A Dual-Task Paradigm to Investigate Sentence Comprehension Strategies in Language Models
For researchers studying human-like language processing in AI, this work provides a new behavioral paradigm to probe how resource limitations affect comprehension strategies, though the findings are incremental as they extend known human-like behaviors to additional models and tasks.

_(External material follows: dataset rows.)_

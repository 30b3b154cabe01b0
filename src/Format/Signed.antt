-- ===== src/Format/Signed.antt =====
-- The conversion %d of vprintfmt in jos/lib/printfmt.c, and strtol of jos/lib/string.c.
use cs444_operating_systems.Base.{
  ℕ, suc, ◌+◌, ◌-◌, ◌^◌, ◌≤◌, ◌<◌, ◌≡◌, ◌≢◌, refl, false, ltb, some, List, [], ◌∷◌, ◌++◌, length,
  arith, Bool-cases, inl, inr, if◌then◌else◌, ◌∙◌, ap,
}
use mathlib.Core.Path.{subst, sym}
use mathlib.Core.List.{append-nil}
use native.Mathlib.Decide.{dec_lt}
use cs444_operating_systems.Mmu.{u32}
use cs444_operating_systems.Strings.Number.{sign, prefix, digits, number_at, strtol}
use cs444_operating_systems.Strings.Truncate.{IsString}
use cs444_operating_systems.Format.{printnum}
use cs444_operating_systems.Format.Convert.{initial_flags, getint, number, decimal, convert, Piece}
use cs444_operating_systems.Format.Print.{flag, reswitch, vprintfmt}
use cs444_operating_systems.Format.Number.{
  digits-printed, printed-plain, skip_first, strtol_lem, strtol-printnum,
}

-- What strtol makes of the text at the string `xs`.
abbrev pub Denotes : ℕ → List ℕ → Type 0
Denotes x xs =
    (fuel s : ℕ) (m : ℕ → ℕ)
    → IsString m s xs
    → strtol (length xs + suc fuel) s 10 m ≡ some (x, s + length xs)

minus-number_at :
    (fuel s val ends : ℕ) (m : ℕ → ℕ)
    → m s ≡ 45
    → prefix (s + 1) 10 m ≡ (s + 1, 10)
    → digits fuel (s + 1) 10 0 m ≡ some (val, ends)
    → number_at fuel s 10 m ≡ some (u32 (2 ^ 32 - val), ends)
unfolding number_at sign
minus-number_at fuel s val ends m here e2 e3 = ground (arith, here, e2, e3)

minus-Denotes :
    (num : ℕ) → num < 2 ^ 31 → 0 < num → Denotes (2 ^ 32 - num) (45 ∷ printnum 64 num 10 0 32)
minus-Denotes num lt pos fuel s m (here, ne, h) =
    let n = length (printnum 64 num 10 0 32) in
    let (blank, tab, no_sign, no_prefix) =
      printed-plain 64 num 10 0 32 (s + 1) m (omega arith) (omega arith) (omega arith) h in
    strtol_lem (suc n + suc fuel) s s 10 m
      (skip_first (suc n + suc fuel) s m (omega arith) (λ e. omega arith) (λ e. omega arith))
    ∙ minus-number_at (suc n + suc fuel) s num (s + 1 + n) m here no_prefix (
        ap (λ k. digits k (s + 1) 10 0 m) (omega arith)
        ∙ digits-printed 64 num 10 0 32 (suc fuel) (s + 1) m (omega arith) (omega arith)
            (omega arith) (omega arith) (omega arith) h)
    ∙ ground arith

-- The text that %d prints for the bit pattern.
abbrev pub decimal_of : ℕ → List ℕ
decimal_of x = decimal (if ltb x (2 ^ 31) then x else x + 2 ^ 64 - 2 ^ 32) initial_flags

decimal_small : (x : ℕ) → x < 2 ^ 31 → decimal_of x ≡ printnum 64 x 10 0 32
unfolding decimal number
decimal_small x lt = ground arith

high_ltb : (x : ℕ) → 2 ^ 31 ≤ x → ltb x (2 ^ 31) ≡ false
high_ltb x lo = ground arith

wrapped_ltb : (x : ℕ) → 2 ^ 31 ≤ x → x < 2 ^ 32 → ltb (x + 2 ^ 64 - 2 ^ 32) (2 ^ 63) ≡ false
wrapped_ltb x lo lt = ground arith

decimal_big :
    (x : ℕ) → 2 ^ 31 ≤ x → x < 2 ^ 32 → decimal_of x ≡ 45 ∷ printnum 64 (2 ^ 32 - x) 10 0 32
unfolding decimal number
decimal_big x lo lt =
    rw (high_ltb x lo)
      (rw (wrapped_ltb x lo lt) (ap (λ n. 45 ∷ printnum 64 n 10 0 32) (omega arith)))

decimal-Denotes : (x : ℕ) → x < 2 ^ 32 → x ≢ 2 ^ 31 → Denotes x (decimal_of x)
decimal-Denotes x lt ne = elim (dec_lt x (2 ^ 31)) [
  | yes small ↦ subst (Denotes x) (sym (decimal_small x small)) λ fuel s m h.
      strtol-printnum 64 x 10 0 32 fuel s m (omega arith) (omega arith) (omega arith) (omega arith)
        small h
  | no big ↦ subst (Denotes x) (sym (decimal_big x (omega arith) lt)) (
      subst (λ y. Denotes y (45 ∷ printnum 64 (2 ^ 32 - x) 10 0 32)) (omega arith)
        (minus-Denotes (2 ^ 32 - x) (omega arith) (omega arith)))
]

getint_int :
    (w : ℕ → ℕ) (arg : ℕ)
    → getint w arg 0 ≡ ((if ltb (w arg) (2 ^ 31) then w arg else w arg + 2 ^ 64 - 2 ^ 32), arg + 1)
unfolding getint
getint_int w arg = elim (Bool-cases (ltb (w arg) (2 ^ 31))) [
  | inl e ↦ rw e refl
  | inr e ↦ rw e refl
]

convert-d :
    (fuel fmt arg : ℕ) (m w : ℕ → ℕ)
    → convert fuel m w 100 fmt arg initial_flags
      ≡ some (record { text = decimal_of (w arg); fmt = fmt; ap = arg + 1 })
unfolding convert
convert-d fuel fmt arg m w = rw (getint_int w arg) refl

reswitch-d :
    (fuel i arg : ℕ) (m w : ℕ → ℕ)
    → m i ≡ 100
    → reswitch (suc fuel) m w i arg initial_flags
      ≡ some (record { text = decimal_of (w arg); fmt = i + 1; ap = arg + 1 })
unfolding reswitch flag
reswitch-d fuel i arg m w h = ground (arith, h, convert-d fuel (i + 1) arg m w)

vprintfmt_end : (fuel i arg : ℕ) (m w : ℕ → ℕ) → m i ≡ 0 → vprintfmt (suc fuel) m w i arg ≡ some []
unfolding vprintfmt
vprintfmt_end fuel i arg m w h = ground (arith, h)

vprintfmt_escape :
    (fuel i arg : ℕ) (m w : ℕ → ℕ) (piece : Piece) (text : List ℕ)
    → m i ≡ 37
    → reswitch fuel m w (i + 1) arg initial_flags ≡ some piece
    → vprintfmt fuel m w piece.fmt piece.ap ≡ some text
    → vprintfmt (suc fuel) m w i arg ≡ some (piece.text ++ text)
unfolding vprintfmt
vprintfmt_escape fuel i arg m w piece text percent e1 e2 = ground (arith, percent, e1, e2)

-- The format "%d" with any int but the least one prints a text, and strtol in base 10, given that text
-- in memory, returns the int again and reads all of the text. The hypotheses: the format is in memory,
-- and the fuel is at least 2, and for strtol more than the length of the text.
pub vprintfmt-strtol :
    (fuel fmt arg : ℕ) (m w : ℕ → ℕ)
    → m fmt ≡ 37
    → m (fmt + 1) ≡ 100
    → m (fmt + 2) ≡ 0
    → w arg < 2 ^ 32
    → w arg ≢ 2 ^ 31
    → (xs : List ℕ) × (vprintfmt (suc (suc fuel)) m w fmt arg ≡ some xs) × Denotes (w arg) xs
vprintfmt-strtol fuel fmt arg m w percent letter ends lt ne = (
  decimal_of (w arg),
  vprintfmt_escape (suc fuel) fmt arg m w _ [] percent (reswitch-d fuel (fmt + 1) arg m w letter)
        (vprintfmt_end fuel (fmt + 1 + 1) (arg + 1) m w (subst (λ a. m a ≡ 0) (omega arith) ends))
      ∙ ap some (append-nil (decimal_of (w arg))),
  decimal-Denotes (w arg) lt ne,
)
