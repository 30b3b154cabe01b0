-- ===== src/Format/Buffer.antt =====
-- sprintputch and vsnprintf of jos/lib/printfmt.c. The buffer is apart from the format and the strings.
use cs444_operating_systems.Base.{
  ℕ, zero, suc, ◌+◌, ◌-◌, ◌%◌, ◌^◌, ◌<◌, ◌≡◌, ◌≢◌, ◌⊎◌, inl, refl, true, false, ◌||◌, ◌==◌, leb,
  ltb, Option, none, some, List, [], ◌∷◌, length, arith, if◌then◌else◌, update, ◌∙◌, ap,
}
use cs444_operating_systems.Errors.{Ret, value, error, inval}
use cs444_operating_systems.Strings.Truncate.{IsString, take}
use cs444_operating_systems.Format.Print.{vprintfmt}

-- `struct sprintbuf`
pub record Sprintbuf : Type 0 where
  pub buf : ℕ
  pub ebuf : ℕ
  pub cnt : ℕ

unfoldable pub sprintputch : ℕ → Sprintbuf → (ℕ → ℕ) → Sprintbuf × (ℕ → ℕ)
sprintputch ch b m =
    if ltb b.buf b.ebuf
    then (record b { cnt = b.cnt + 1; buf = b.buf + 1 }, update m b.buf (ch % 256))
    else (record b { cnt = b.cnt + 1 }, m)

-- The calls of sprintputch by vprintfmt.
unfoldable pub put_all : List ℕ → Sprintbuf → (ℕ → ℕ) → Sprintbuf × (ℕ → ℕ)
put_all [] b m = (b, m)
put_all (ch ∷ chs) b m = let (b', m') = sprintputch ch b m in put_all chs b' m'

-- The result, and the memory. The buffer overlaps neither the format nor a string that is printed.
unfoldable pub vsnprintf : (fuel : ℕ) → (m w : ℕ → ℕ) → (buf n fmt ap : ℕ) → Option (Ret × (ℕ → ℕ))
vsnprintf fuel m w buf n fmt ap =
    if buf == 0 || (n == 0 || leb (2 ^ 31) n)
    then some (error inval, m)
    else elim (vprintfmt fuel m w fmt ap) [
      | none ↦ none
      | some text ↦
          let (b, m') = put_all text (record { buf = buf; ebuf = buf + n - 1; cnt = 0 }) m in
          some (value b.cnt, update m' b.buf 0)
    ]

-- What is in the buffer with room for `k` characters and a 0 when `xs` has been put.
record Filled (k buf cnt : ℕ) (xs : List ℕ) (m : ℕ → ℕ) (r : Sprintbuf × (ℕ → ℕ)) : Type 0 where
  string : IsString (update r.1 r.0.buf 0) buf (take k xs)
  count : r.0.cnt ≡ cnt + length xs
  rest : (a : ℕ) → (a < buf) ⊎ (buf + k < a) → update r.1 r.0.buf 0 a ≡ m a

-- Characters of a string: none is 0.
abbrev pub AllChars : List ℕ → Type 0
AllChars [] = Unit
AllChars (x ∷ xs) = (x ≢ 0) × (x < 256) × AllChars xs

not_below : (a : ℕ) → ltb a (a + 0) ≡ false
not_below a = ground arith

below : (a k : ℕ) → ltb a (a + suc k) ≡ true
below a k = ground arith

whole : (ch : ℕ) → ch < 256 → ch % 256 ≡ ch
whole ch small = omega arith

sprintputch_full :
    (ch buf cnt : ℕ) (m : ℕ → ℕ)
    → sprintputch ch (record { buf = buf; ebuf = buf + 0; cnt = cnt }) m
      ≡ (record { buf = buf; ebuf = buf + 0; cnt = cnt + 1 }, m)
unfolding sprintputch
sprintputch_full ch buf cnt m = rw (not_below buf) refl

sprintputch_room :
    (ch k buf cnt : ℕ) (m : ℕ → ℕ)
    → ch < 256
    → sprintputch ch (record { buf = buf; ebuf = buf + suc k; cnt = cnt }) m
      ≡ (record { buf = buf + 1; ebuf = buf + 1 + k; cnt = cnt + 1 }, update m buf ch)
unfolding sprintputch
sprintputch_room ch k buf cnt m small = rw (below buf k) (
    rw (whole ch small) (
      ap (λ e. (record { buf = buf + 1; ebuf = e; cnt = cnt + 1 }, update m buf ch)) (omega arith)))

put_all-Filled :
    (k buf cnt : ℕ) (xs : List ℕ) (m : ℕ → ℕ)
    → AllChars xs
    → Filled k buf cnt xs m (put_all xs (record { buf = buf; ebuf = buf + k; cnt = cnt }) m)
unfolding put_all
put_all-Filled zero buf cnt [] m chars = record {
  string = ground arith;
  count = omega arith;
  rest = λ a out. ground arith;
}
put_all-Filled (suc k) buf cnt [] m chars = record {
  string = ground arith;
  count = omega arith;
  rest = λ a out. ground arith;
}
put_all-Filled zero buf cnt (x ∷ xs) m (ne, small, chars) = rw (sprintputch_full x buf cnt m) (
    let f = put_all-Filled zero buf (cnt + 1) xs m chars in
    record { string = f.string; count = omega (arith, f.count); rest = f.rest })
put_all-Filled (suc k) buf cnt (x ∷ xs) m (ne, small, chars) =
    rw (sprintputch_room x k buf cnt m small) (
      let f = put_all-Filled k (buf + 1) (cnt + 1) xs (update m buf x) chars in
      record {
        string = (f.rest buf (inl (omega arith)) ∙ ground arith, ne, f.string);
        count = omega (arith, f.count);
        rest = λ a out. f.rest a (ground arith) ∙ ground arith;
      })

accepted :
    (buf k : ℕ)
    → buf ≢ 0
    → k + 1 < 2 ^ 31
    → (buf == 0 || (k + 1 == 0 || leb (2 ^ 31) (k + 1))) ≡ false
accepted buf k ne small = ground arith

last_byte : (buf k : ℕ) → buf + (k + 1) - 1 ≡ buf + k
last_byte buf k = omega arith

-- vsnprintf of a text that the format prints: the buffer of `n` bytes holds the first `n - 1`
-- characters as a string, or all of them if there are fewer, the result is how many characters the
-- text has, also where they do not fit, and no byte outside of the buffer is changed. The hypotheses:
-- the format prints the text, whose characters are bytes but not 0, and the buffer is at a pointer
-- that is not null and has room for a byte.
pub vsnprintf_truncates :
    (fuel : ℕ) (m w : ℕ → ℕ) (buf k fmt ap : ℕ) (xs : List ℕ)
    → vprintfmt fuel m w fmt ap ≡ some xs
    → AllChars xs
    → buf ≢ 0
    → k + 1 < 2 ^ 31
    → (m' : ℕ → ℕ) × (vsnprintf fuel m w buf (k + 1) fmt ap ≡ some (value (length xs), m'))
      × IsString m' buf (take k xs)
      × ((a : ℕ) → (a < buf) ⊎ (buf + k < a) → m' a ≡ m a)
unfolding vsnprintf
vsnprintf_truncates fuel m w buf k fmt arg xs prints chars ne small =
    let r = put_all xs (record { buf = buf; ebuf = buf + k; cnt = 0 }) m in
    let f = put_all-Filled k buf 0 xs m chars in
    (
      update r.1 r.0.buf 0,
      rw (accepted buf k ne small) (
          rw (prints, last_byte buf k)
            (ap (λ n. some (value n, update r.1 r.0.buf 0)) (f.count ∙ omega arith))),
      f.string,
      f.rest,
    )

The paper proposes a dual-task paradigm combining arithmetic and sentence comprehension to test whether cognitive resource constraints shift language models toward plausibility-based comprehension. Results show that GPT-4o, o3-mini, and o4-mini exhibit a larger accuracy gap between plausible and implausible sentences under dual-task conditions, mirroring human rational inference.
Language models (LMs) behave more like humans when their cognitive resources are restricted, particularly in predicting sentence processing costs such as reading times. However, it remains unclear whether such constraints similarly affect sentence comprehension strategies. Besides, existing methods do not directly target the balance between memory storage and sentence processing, which is central to human working memory. To address this issue, we propose a dual-task paradigm that combines an arithmetic computation task with a sentence comprehension task, such as "The 2 cocktail + blended 3 =..." Our experiments show that under dual-task conditions, GPT-4o, o3-mini, and o4-mini shift toward plausibility-based comprehension, mirroring humans' rational inference. Specifically, these models show a greater accuracy gap between plausible sentences (e.g., "The cocktail was blended by the bartender") and implausible sentences (e.g., "The bartender was blended by the cocktail") in the dual-task condition compared to the single-task conditions. These findings suggest that constraints on the balance between memory and processing resources promote rational inference in LMs. More broadly, they support the view that human-like sentence comprehension fundamentally arises from the allocation of limited cognitive resources.